**AVAILABLE DATA**

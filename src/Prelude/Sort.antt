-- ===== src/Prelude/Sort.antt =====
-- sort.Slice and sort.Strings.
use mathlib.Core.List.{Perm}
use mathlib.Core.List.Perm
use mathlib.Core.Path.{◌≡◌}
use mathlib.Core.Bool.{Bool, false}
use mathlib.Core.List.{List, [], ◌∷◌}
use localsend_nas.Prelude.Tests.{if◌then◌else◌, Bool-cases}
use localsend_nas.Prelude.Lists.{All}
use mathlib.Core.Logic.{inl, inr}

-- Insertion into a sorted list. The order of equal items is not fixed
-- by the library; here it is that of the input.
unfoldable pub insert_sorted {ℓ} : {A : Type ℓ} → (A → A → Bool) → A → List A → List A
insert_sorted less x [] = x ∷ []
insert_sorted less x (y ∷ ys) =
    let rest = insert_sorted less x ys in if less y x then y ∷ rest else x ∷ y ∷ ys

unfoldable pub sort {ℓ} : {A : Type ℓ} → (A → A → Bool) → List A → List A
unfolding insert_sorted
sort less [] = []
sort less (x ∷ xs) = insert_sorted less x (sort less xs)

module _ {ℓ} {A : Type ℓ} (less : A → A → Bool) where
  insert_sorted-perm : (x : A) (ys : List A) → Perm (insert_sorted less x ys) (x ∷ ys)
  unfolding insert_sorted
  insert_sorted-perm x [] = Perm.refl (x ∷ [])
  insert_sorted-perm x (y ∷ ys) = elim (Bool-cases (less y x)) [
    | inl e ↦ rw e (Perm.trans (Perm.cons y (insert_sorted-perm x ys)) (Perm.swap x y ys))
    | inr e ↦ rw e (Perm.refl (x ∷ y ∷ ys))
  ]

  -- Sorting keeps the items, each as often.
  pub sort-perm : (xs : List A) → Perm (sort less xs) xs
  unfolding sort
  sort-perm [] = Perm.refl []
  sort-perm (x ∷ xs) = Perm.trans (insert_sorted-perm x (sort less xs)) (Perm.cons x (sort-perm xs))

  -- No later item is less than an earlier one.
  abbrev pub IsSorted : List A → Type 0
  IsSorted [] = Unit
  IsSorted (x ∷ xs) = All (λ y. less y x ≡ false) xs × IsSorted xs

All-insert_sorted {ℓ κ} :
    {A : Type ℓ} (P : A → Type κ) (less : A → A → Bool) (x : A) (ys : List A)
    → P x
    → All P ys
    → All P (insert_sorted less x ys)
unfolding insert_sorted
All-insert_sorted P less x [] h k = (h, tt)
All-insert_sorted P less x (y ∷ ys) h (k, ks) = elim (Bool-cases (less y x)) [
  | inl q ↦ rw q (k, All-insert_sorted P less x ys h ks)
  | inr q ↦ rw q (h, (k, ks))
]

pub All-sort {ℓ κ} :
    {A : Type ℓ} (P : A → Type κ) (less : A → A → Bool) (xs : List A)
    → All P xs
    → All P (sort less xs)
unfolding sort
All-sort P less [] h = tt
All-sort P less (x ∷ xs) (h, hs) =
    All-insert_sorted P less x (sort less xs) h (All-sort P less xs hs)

--

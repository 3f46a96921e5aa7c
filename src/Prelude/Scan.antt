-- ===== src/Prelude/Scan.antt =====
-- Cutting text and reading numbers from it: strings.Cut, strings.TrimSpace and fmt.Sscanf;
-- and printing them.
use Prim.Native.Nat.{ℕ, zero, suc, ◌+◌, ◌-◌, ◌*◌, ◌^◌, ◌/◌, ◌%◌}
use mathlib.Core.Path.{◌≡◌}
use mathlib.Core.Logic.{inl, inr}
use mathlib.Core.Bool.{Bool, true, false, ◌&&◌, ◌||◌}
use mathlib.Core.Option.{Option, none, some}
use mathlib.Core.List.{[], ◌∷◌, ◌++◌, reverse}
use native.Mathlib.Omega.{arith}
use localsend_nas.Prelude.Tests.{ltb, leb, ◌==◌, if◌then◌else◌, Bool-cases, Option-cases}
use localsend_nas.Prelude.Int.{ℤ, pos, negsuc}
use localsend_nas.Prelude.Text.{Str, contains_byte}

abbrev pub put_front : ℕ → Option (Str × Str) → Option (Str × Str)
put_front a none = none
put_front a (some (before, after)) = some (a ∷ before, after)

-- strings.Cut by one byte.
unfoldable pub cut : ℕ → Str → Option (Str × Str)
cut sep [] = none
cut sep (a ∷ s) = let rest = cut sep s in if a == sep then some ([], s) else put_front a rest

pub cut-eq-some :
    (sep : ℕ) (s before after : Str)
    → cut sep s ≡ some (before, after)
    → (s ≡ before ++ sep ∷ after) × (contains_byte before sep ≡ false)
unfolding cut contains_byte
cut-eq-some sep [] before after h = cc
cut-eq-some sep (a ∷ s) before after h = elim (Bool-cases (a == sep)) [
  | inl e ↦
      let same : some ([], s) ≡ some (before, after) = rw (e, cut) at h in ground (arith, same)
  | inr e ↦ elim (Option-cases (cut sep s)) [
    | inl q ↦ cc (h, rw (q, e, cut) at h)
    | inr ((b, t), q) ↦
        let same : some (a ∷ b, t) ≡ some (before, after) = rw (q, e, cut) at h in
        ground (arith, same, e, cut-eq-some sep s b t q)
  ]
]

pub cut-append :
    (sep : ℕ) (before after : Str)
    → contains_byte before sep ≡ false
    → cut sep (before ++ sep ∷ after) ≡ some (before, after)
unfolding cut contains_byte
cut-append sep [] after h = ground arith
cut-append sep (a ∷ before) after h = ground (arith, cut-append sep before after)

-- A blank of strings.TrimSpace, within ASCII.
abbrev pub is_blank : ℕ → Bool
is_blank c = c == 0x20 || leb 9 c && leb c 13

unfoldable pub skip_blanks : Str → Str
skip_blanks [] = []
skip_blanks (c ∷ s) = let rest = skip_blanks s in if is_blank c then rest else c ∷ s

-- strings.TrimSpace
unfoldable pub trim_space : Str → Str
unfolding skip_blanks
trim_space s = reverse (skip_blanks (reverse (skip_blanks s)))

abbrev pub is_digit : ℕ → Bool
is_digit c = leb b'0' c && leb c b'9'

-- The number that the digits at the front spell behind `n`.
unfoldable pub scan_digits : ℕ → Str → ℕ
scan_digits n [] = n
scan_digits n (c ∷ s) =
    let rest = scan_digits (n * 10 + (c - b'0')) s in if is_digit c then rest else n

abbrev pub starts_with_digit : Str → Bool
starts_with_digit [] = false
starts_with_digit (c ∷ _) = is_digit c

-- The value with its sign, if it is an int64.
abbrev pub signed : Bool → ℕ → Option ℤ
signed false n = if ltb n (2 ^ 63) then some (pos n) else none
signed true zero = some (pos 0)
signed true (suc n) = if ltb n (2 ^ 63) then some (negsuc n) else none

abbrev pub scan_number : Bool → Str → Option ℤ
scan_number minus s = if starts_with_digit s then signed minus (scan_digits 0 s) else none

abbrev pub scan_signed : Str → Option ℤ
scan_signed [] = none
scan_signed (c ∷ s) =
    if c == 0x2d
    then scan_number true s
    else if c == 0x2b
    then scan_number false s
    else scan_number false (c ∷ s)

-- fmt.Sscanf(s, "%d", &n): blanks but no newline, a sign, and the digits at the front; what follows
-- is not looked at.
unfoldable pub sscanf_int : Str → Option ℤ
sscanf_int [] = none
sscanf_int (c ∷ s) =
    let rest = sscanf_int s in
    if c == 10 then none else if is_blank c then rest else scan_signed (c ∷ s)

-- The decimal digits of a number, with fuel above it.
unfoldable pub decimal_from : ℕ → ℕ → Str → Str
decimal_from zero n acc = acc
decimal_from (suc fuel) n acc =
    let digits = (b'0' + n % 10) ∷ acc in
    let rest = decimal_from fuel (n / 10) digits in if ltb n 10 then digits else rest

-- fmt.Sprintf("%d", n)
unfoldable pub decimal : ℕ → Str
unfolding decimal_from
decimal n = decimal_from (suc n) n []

==

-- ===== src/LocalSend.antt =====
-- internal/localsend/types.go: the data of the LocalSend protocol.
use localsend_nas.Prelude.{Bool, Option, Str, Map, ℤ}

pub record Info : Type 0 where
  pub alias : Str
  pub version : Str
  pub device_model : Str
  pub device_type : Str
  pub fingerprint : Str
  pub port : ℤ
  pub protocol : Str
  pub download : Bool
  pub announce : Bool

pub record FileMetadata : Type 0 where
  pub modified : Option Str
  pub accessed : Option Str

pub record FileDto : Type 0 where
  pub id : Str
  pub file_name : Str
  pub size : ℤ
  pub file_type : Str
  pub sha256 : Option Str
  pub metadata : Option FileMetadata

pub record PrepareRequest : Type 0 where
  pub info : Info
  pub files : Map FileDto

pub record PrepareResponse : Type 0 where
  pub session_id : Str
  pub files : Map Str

**GOAL OF THE EXERCISE**
The response must give every line from the material above that holds the string "negsuc".

**RESULT BELOW**
use localsend_nas.Prelude.Int.{ℤ, pos, negsuc}
signed true (suc n) = if ltb n (2 ^ 63) then some (negsuc n) else none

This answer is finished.